------ Data provided ------

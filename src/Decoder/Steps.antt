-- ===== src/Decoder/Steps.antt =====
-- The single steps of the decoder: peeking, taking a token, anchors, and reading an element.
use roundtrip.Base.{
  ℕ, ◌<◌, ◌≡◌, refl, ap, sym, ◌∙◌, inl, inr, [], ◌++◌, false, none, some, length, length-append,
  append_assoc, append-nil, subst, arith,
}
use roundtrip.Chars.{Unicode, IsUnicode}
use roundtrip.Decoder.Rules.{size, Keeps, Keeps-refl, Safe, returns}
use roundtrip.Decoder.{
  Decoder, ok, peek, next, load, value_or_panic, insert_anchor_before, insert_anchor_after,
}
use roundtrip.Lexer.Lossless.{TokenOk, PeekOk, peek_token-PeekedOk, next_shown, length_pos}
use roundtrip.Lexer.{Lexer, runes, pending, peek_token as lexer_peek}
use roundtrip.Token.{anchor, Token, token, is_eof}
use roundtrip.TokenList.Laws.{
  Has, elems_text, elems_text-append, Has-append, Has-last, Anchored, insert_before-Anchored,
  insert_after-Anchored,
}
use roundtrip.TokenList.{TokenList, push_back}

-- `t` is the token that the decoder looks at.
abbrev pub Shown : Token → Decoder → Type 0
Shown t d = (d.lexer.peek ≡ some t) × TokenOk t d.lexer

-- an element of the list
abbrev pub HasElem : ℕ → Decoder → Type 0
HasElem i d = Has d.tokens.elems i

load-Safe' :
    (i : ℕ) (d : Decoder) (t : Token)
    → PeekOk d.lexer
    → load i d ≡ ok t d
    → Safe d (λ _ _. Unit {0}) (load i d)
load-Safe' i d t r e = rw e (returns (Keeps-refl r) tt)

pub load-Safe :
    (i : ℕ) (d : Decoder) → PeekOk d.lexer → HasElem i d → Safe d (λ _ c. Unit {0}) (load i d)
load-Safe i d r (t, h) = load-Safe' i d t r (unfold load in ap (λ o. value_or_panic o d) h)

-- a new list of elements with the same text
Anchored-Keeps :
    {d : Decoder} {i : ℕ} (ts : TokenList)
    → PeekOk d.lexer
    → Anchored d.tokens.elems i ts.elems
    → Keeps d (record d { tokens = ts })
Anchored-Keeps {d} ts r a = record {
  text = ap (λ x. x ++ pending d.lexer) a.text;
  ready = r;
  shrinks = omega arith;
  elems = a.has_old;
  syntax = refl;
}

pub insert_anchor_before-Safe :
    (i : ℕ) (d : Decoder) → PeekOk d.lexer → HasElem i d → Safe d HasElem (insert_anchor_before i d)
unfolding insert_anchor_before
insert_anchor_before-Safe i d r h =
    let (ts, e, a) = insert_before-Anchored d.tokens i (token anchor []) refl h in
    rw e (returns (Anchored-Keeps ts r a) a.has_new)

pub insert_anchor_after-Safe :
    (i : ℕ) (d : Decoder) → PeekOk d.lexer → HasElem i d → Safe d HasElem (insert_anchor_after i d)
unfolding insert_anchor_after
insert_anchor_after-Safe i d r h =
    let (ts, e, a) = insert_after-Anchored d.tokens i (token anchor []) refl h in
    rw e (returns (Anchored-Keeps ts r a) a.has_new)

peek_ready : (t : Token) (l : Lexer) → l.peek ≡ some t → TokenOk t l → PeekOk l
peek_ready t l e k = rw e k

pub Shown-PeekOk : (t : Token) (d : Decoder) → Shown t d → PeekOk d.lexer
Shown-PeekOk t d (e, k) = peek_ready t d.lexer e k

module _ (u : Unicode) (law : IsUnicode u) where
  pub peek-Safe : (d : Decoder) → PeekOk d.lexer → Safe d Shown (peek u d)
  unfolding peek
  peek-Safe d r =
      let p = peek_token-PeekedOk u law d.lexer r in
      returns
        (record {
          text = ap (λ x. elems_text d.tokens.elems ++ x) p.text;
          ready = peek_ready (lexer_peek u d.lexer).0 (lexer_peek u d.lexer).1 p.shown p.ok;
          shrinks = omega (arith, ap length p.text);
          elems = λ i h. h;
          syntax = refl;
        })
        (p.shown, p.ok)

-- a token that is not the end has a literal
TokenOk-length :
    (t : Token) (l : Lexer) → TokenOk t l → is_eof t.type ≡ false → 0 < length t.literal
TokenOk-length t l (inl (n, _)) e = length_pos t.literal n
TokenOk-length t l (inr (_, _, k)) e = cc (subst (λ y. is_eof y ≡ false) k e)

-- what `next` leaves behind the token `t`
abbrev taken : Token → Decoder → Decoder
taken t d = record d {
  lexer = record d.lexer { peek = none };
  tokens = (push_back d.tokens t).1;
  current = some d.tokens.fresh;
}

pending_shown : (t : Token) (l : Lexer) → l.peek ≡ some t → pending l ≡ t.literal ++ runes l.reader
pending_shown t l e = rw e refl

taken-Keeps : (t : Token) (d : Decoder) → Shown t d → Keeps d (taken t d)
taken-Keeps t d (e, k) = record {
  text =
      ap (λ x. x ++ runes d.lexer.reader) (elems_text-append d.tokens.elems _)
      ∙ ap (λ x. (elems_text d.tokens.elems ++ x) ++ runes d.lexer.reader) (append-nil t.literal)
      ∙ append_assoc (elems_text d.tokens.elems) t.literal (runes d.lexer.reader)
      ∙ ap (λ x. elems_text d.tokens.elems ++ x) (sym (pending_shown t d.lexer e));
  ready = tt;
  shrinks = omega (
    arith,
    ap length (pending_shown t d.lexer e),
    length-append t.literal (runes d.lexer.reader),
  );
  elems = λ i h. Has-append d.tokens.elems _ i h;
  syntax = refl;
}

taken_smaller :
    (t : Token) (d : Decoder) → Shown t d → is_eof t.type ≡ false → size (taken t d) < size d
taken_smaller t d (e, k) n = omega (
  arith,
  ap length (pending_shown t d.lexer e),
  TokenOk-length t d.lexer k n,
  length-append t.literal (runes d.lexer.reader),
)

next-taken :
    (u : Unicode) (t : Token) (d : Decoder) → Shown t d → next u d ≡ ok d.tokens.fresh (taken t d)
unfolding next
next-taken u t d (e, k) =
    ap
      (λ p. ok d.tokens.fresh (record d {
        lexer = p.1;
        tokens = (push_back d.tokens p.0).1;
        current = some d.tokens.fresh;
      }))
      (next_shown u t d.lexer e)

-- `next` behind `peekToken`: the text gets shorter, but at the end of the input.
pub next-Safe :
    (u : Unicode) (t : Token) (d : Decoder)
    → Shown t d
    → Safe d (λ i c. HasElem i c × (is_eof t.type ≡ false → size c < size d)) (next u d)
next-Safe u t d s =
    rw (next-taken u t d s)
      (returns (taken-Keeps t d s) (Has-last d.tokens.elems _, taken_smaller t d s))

------

- _Instructions for the task_
Which lines above contain the word "that"? List them.

- _Solution to this exercise_
-- `t` is the token that the decoder looks at.
-- a token that is not the end has a literal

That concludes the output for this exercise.